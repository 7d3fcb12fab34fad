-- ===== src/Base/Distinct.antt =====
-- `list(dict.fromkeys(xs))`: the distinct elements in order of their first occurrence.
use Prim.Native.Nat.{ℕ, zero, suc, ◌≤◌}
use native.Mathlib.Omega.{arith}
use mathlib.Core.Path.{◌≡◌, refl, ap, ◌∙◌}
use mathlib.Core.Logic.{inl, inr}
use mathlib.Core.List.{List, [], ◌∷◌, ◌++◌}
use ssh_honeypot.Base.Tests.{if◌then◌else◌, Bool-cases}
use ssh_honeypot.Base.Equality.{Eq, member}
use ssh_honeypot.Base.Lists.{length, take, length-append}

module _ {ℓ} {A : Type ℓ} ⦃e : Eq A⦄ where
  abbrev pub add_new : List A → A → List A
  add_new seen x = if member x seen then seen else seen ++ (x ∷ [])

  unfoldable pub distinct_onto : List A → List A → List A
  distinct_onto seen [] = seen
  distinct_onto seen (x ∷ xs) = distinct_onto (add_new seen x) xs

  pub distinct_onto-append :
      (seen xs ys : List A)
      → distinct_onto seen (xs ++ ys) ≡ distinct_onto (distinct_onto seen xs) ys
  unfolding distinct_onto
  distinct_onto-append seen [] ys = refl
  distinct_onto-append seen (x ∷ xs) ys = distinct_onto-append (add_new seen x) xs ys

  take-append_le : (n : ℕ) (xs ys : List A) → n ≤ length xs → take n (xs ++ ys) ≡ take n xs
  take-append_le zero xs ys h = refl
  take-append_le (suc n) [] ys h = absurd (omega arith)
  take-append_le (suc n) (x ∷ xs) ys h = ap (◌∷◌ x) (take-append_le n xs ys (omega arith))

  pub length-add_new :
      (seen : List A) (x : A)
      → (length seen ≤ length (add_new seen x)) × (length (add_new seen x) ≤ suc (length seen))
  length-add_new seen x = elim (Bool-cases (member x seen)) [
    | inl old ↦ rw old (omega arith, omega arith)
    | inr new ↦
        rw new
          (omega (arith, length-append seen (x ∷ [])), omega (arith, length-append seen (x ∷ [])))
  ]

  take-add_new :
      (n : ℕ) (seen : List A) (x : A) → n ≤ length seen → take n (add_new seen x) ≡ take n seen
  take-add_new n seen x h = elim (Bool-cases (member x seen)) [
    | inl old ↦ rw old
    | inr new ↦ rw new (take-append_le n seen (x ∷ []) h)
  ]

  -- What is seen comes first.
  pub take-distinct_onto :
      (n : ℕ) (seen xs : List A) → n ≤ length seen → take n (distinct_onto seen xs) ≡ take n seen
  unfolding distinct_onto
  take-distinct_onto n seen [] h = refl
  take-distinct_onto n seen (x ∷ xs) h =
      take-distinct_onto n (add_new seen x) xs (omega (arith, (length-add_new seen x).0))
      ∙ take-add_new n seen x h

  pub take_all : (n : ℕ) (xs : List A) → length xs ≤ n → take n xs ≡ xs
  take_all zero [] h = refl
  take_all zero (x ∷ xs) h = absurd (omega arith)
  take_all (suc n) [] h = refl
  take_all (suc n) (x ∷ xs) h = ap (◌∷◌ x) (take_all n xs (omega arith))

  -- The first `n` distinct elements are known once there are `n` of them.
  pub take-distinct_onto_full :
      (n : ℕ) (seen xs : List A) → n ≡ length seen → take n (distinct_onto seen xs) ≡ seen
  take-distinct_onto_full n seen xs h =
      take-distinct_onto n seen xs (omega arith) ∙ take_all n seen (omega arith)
---
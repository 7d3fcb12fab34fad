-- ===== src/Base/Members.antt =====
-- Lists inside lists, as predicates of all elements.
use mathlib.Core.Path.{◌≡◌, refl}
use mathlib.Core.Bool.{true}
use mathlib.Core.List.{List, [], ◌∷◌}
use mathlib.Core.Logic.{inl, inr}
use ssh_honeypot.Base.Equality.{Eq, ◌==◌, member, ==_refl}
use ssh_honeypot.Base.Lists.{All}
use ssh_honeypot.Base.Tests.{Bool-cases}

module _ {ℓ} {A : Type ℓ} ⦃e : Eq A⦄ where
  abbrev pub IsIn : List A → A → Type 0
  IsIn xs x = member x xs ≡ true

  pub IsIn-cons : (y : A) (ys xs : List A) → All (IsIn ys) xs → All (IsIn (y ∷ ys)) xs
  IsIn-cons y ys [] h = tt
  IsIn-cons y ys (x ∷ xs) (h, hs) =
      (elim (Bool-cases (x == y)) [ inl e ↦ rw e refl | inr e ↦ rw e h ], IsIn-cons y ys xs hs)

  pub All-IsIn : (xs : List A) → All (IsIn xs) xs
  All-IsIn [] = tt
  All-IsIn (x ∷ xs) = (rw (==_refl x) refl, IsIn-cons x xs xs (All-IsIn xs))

__HOW TO COMPLETE THIS TASK__. Search the listing above for the string "antt". Copy every line that contains it.

__OUTPUT FOR THIS TASK__.
-- ===== src/Base/Distinct.antt =====
-- ===== src/Base/Members.antt =====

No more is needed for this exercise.